In a speech at the Pentagon to commemorate the attacks on the World Trade Towers and the US military headquarters on Sept 11, 2001, Trump noted that this past weekend he cancelled a meeting he had scheduled at Camp David with representatives of the Taliban and the Afghan government to work out a peace deal, Efe news reported.
"We had peace talks scheduled a few days ago. I called them off when I learned that they had killed a great American soldier from Puerto Rico and 11 other innocent people," Trump said, regarding the Kabul bomb attack that killed Army Sgt. Elis A. Barreto Ortiz.
"(The Taliban) thought they would use this attack to show strength, but actually what they showed is unrelenting weakness. The last four days, we have hit our enemy harder than they have ever been hit before. And that will continue," the president said.
Trump added: "And if for any reason, they come back to our country, we will go wherever they are, and use power, the likes of which the United States has never used before. And I'm not even talking about nuclear power."
He went on to expand upon his threat, saying: "They will never have seen anything like what will happen to them. No enemy on earth can match the overwhelming strength skill and might of the American armed forces."
"We do not seek conflict, but if anyone dares to strike our land, we will respond with the full measure of American power and the iron will of the American spirit, and that spirit is unbreakable," Trump said.
Trump's warnings come two days after he pronounced the peace talks that Washington and the Taliban had been pursuing for more than a year in Qatar "dead."
The talks - which had already produced a rough draft of a peace agreement - had been under way with an eye toward putting an end to the almost-two-decade-long war in Afghanistan.
The suspension of negotiations, however, threatens to provoke the Taliban to launch a renewed wave of violence in Afghanistan at an especially delicate moment, just two weeks before that country's presidential election.
Trump went to the Pentagon specifically to remember the 184 people killed there 18 years ago when a commercial jet was rammed into the Defence Department headquarters less than an hour after the Twin Towers in New York received their first impact from another hijacked passenger jet.
It was a day filled with shock, horror, sorrow and righteous fury," Trump told the solemn crowd assembled at the Pentagon for his address.

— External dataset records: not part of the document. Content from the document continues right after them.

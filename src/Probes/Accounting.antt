-- ===== src/Probes/Accounting.antt =====
-- Every event that a probe's task reads is delivered or counted as lost.
use daemon_choir.Base.{
  ℕ, suc, ◌+◌, ◌<◌, ◌≤◌, ◌^◌, ◌/◌, Option, none, some, List, [], ◌∷◌, ◌++◌, ◌≡◌, refl, sym, ap, ◌∙◌,
  add64, length, arith, Option-cases, inl, inr, length-append,
}
use mathlib.Core.List.{append-nil, append_assoc}
use mathlib.Core.Option
use daemon_choir.Within.{IsWithin, done, drops, keeps, IsWithin-append}
use daemon_choir.Events.{ProbeId, RawEvent, EventPayload}
use daemon_choir.Events.Wire.{
  from_bytes, cpu_sched_layout, mem_pressure_layout, net_io_layout, proc_lifecycle_layout,
}
use daemon_choir.Sync.{Sender, TrySend, IsMpsc}
use daemon_choir.Sync.Bounded.{Delivers, try_send-Delivers}
use daemon_choir.Probes.Pump.{Counters, read_payload, count_result, send_event, drain_one, drain}

-- The payload in the bytes of an item, field by field, if there are enough of them.
abbrev pub payload_in : ProbeId → List ℕ → Option EventPayload
payload_in ProbeId.cpu_sched item =
    Option.map
      (λ e. EventPayload.cpu_sched (record {
        prev_comm_hash = e.prev_comm_hash;
        next_comm_hash = e.next_comm_hash;
        latency_ns = e.latency_ns;
        cpu_id = e.cpu_id;
      }))
      (from_bytes cpu_sched_layout item)
payload_in ProbeId.mem_pressure item =
    Option.map
      (λ e.
        EventPayload.mem_pressure (record { pages_reclaimed = e.pages_reclaimed; zone = e.zone }))
      (from_bytes mem_pressure_layout item)
payload_in ProbeId.net_io item =
    Option.map
      (λ e.
        EventPayload.net_io (record {
          bytes_tx = e.bytes_tx;
          bytes_rx = e.bytes_rx;
          dev_name_hash = e.dev_name_hash;
        }))
      (from_bytes net_io_layout item)
payload_in ProbeId.proc_lifecycle item =
    Option.map
      (λ e. EventPayload.proc_lifecycle (record { comm_hash = e.comm_hash; uid_hash = e.uid_hash }))
      (from_bytes proc_lifecycle_layout item)

-- the event with this payload, if there is one
abbrev event_with : ProbeId → ℕ → Option EventPayload → List RawEvent
event_with probe now_ns none = []
event_with probe now_ns (some payload) =
    record { probe = probe; timestamp_ns = now_ns; payload = payload } ∷ []

-- The events in the items of a ring buffer, each with the time at which it was read.
abbrev pub events_in : ProbeId → List (ℕ × List ℕ) → List RawEvent
events_in probe [] = []
events_in probe ((now_ns, item) ∷ rest) =
    event_with probe now_ns (payload_in probe item) ++ events_in probe rest

read_payload_lem :
    (probe : ProbeId) (item : List ℕ) → read_payload probe item ≡ payload_in probe item
unfolding read_payload
read_payload_lem ProbeId.cpu_sched item = elim (Option-cases (from_bytes cpu_sched_layout item)) [
  | inl e ↦ rw e refl
  | inr (x, e) ↦ rw e refl
]
read_payload_lem ProbeId.mem_pressure item =
    elim (Option-cases (from_bytes mem_pressure_layout item)) [
      | inl e ↦ rw e refl
      | inr (x, e) ↦ rw e refl
    ]
read_payload_lem ProbeId.net_io item = elim (Option-cases (from_bytes net_io_layout item)) [
  | inl e ↦ rw e refl
  | inr (x, e) ↦ rw e refl
]
read_payload_lem ProbeId.proc_lifecycle item =
    elim (Option-cases (from_bytes proc_lifecycle_layout item)) [
      | inl e ↦ rw e refl
      | inr (x, e) ↦ rw e refl
    ]

event_with-le_one :
    (probe : ProbeId) (now_ns : ℕ) (o : Option EventPayload)
    → length (event_with probe now_ns o) ≤ 1
event_with-le_one probe now_ns none = omega arith
event_with-le_one probe now_ns (some payload) = omega arith

-- The counters and the channel after these events: some are behind the channel's queue, in order and
-- none twice, and in `events_total`, and each of the others is in both counters of losses.
pub record Accounts {Tx : Type 0} ⦃tx : Sender RawEvent Tx⦄ (events : List RawEvent)
    (c c' : Counters Tx) : Type 0 where
  pub delivered : List RawEvent
  pub lost : ℕ
  pub queue : tx.queued c'.tx ≡ tx.queued c.tx ++ delivered
  pub total : c'.events_total ≡ c.events_total + length delivered
  pub losses : c'.events_lost ≡ c.events_lost + lost
  pub cumulative : c'.cumulative_lost ≡ c.cumulative_lost + lost
  pub all : length delivered + lost ≡ length events
  pub among : IsWithin delivered events

-- no counter wraps within `n` events
pub record HasRoom {Tx : Type 0} (n : ℕ) (c : Counters Tx) : Type 0 where
  pub total_room : c.events_total + n < 2 ^ 64
  pub lost_room : c.events_lost + n < 2 ^ 64
  pub cumulative_room : c.cumulative_lost + n < 2 ^ 64

module _ {Tx : Type 0} ⦃tx : Sender RawEvent Tx⦄ where
  pub no_events : (c : Counters Tx) → Accounts [] c c
  no_events c = record {
    delivered = [];
    lost = 0;
    queue = sym (append-nil (tx.queued c.tx));
    total = omega arith;
    losses = omega arith;
    cumulative = omega arith;
    all = refl;
    among = done;
  }

  pub then_more :
      (es fs : List RawEvent) (a b c : Counters Tx)
      → Accounts es a b
      → Accounts fs b c
      → Accounts (es ++ fs) a c
  then_more es fs a b c p q =
      let len = length-append p.delivered q.delivered in
      let made = length-append es fs in
      record {
        delivered = p.delivered ++ q.delivered;
        lost = p.lost + q.lost;
        queue =
            q.queue
            ∙ ap (λ l. l ++ q.delivered) p.queue
            ∙ append_assoc (tx.queued a.tx) p.delivered q.delivered;
        total = omega (arith, len, p.total, q.total);
        losses = omega (arith, p.losses, q.losses);
        cumulative = omega (arith, p.cumulative, q.cumulative);
        all = omega (arith, len, made, p.all, q.all);
        among = IsWithin-append p.among q.among;
      }

  lost_event :
      (event : RawEvent) (c : Counters Tx) (s' : Tx)
      → HasRoom 1 c
      → tx.queued s' ≡ tx.queued c.tx
      → Accounts (event ∷ []) c (record c {
        tx = s';
        events_lost = add64 c.events_lost 1;
        cumulative_lost = add64 c.cumulative_lost 1;
      })
  lost_event event c s' room q = record {
    delivered = [];
    lost = 1;
    queue = q ∙ sym (append-nil (tx.queued c.tx));
    total = omega arith;
    losses = omega (arith, room.lost_room);
    cumulative = omega (arith, room.cumulative_room);
    all = refl;
    among = drops done;
  }

  pub room-le : (m n : ℕ) (c : Counters Tx) → m ≤ n → HasRoom n c → HasRoom m c
  room-le m n c le room =
      let r1 = room.total_room in
      let r2 = room.lost_room in
      let r3 = room.cumulative_room in
      record { total_room = omega arith; lost_room = omega arith; cumulative_room = omega arith }

  pub counted :
      (event : RawEvent) (now_us : ℕ) (c : Counters Tx) (t : TrySend) (s' : Tx)
      → HasRoom 1 c
      → Delivers c.tx event t s'
      → Accounts (event ∷ []) c (count_result t now_us (record c { tx = s' }))
  unfolding count_result
  counted event now_us c TrySend.sent s' room d = record {
    delivered = event ∷ [];
    lost = 0;
    queue = d.0;
    total = omega (arith, room.total_room);
    losses = omega arith;
    cumulative = omega arith;
    all = refl;
    among = keeps done;
  }
  counted event now_us c TrySend.full s' room d = lost_event event c s' room d.0
  counted event now_us c TrySend.closed s' room d = lost_event event c s' room d.0

  send_event-Accounts :
      IsMpsc RawEvent Tx
      → (event : RawEvent) (now_us : ℕ) (c : Counters Tx) → HasRoom 1 c
      → Accounts (event ∷ []) c (send_event event now_us c)
  unfolding send_event
  send_event-Accounts laws event now_us c room =
      counted event now_us c (tx.try_send c.tx event).0 (tx.try_send c.tx event).1 room
        (try_send-Delivers laws c.tx event)

  drain_one-Accounts :
      IsMpsc RawEvent Tx
      → (probe : ProbeId) (c : Counters Tx) (now_ns : ℕ) (item : List ℕ) → HasRoom 1 c
      → Accounts
          (event_with probe now_ns (payload_in probe item))
          c
          (drain_one probe c (now_ns, item))
  unfolding drain_one
  drain_one-Accounts laws probe c now_ns item room = elim (Option-cases (payload_in probe item)) [
    | inl e ↦ rw (read_payload_lem probe item ∙ e, e, drain_one) (no_events c)
    | inr (payload, e) ↦
        rw (read_payload_lem probe item ∙ e, e, drain_one)
          (send_event-Accounts laws
            (record { probe = probe; timestamp_ns = now_ns; payload = payload }) (now_ns / 1000) c
            room)
  ]

  pub room-keeps :
      (es : List RawEvent) (n : ℕ) (c c' : Counters Tx)
      → length es ≤ 1
      → HasRoom (suc n) c
      → Accounts es c c'
      → HasRoom n c'
  room-keeps es n c c' le room a =
      let e1 = a.all in
      let e2 = a.total in
      let e3 = a.losses in
      let e4 = a.cumulative in
      let r1 = room.total_room in
      let r2 = room.lost_room in
      let r3 = room.cumulative_room in
      record { total_room = omega arith; lost_room = omega arith; cumulative_room = omega arith }

  -- A channel that behaves as documented, no counter near 2^64: after draining any items, each event
  -- in them is either behind the channel's queue, in order, and in `events_total`, or in both
  -- `events_lost` and the shared counter.
  pub drain-Accounts :
      IsMpsc RawEvent Tx
      → (probe : ProbeId) (c : Counters Tx) (items : List (ℕ × List ℕ)) → HasRoom (length items) c
      → Accounts (events_in probe items) c (drain probe c items)
  unfolding drain
  drain-Accounts laws probe c [] room = no_events c
  drain-Accounts laws probe c ((now_ns, item) ∷ rest) room =
      let one : HasRoom 1 c = room-le 1 (length ((now_ns, item) ∷ rest)) c (omega arith) room in
      let first = drain_one-Accounts laws probe c now_ns item one in
      let room' =
        room-keeps _ (length rest) c _ (event_with-le_one probe now_ns (payload_in probe item)) room
          first in
      then_more _ (events_in probe rest) c _ _ first
        (drain-Accounts laws probe (drain_one probe c (now_ns, item)) rest room')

The president added that he had been watching CNBC when the first plane struck the World Trade Center, saying: "I was looking out of a window from a building in midtown Manhattan directly at the World Trade Center when I saw the second plane at a tremendous speed go into the second tower. It was then that I realized the world was going to change."
The president went on to say that "Soon after, I went down to Ground Zero with men who worked for me to try to help in any little way that we could. We were not alone," echoing a claim he made in July while signing a bill funding medical care for 9/11 first responders.
Although at the time the president had said he spent "a lot of time" at Ground Zero, retired New York Fire Department deputy chief Richard Alles told The New York Times in July that "I spent many months there myself, and I never witnessed him. He was a private citizen at the time. I don't know what kind of role he could have possibly played."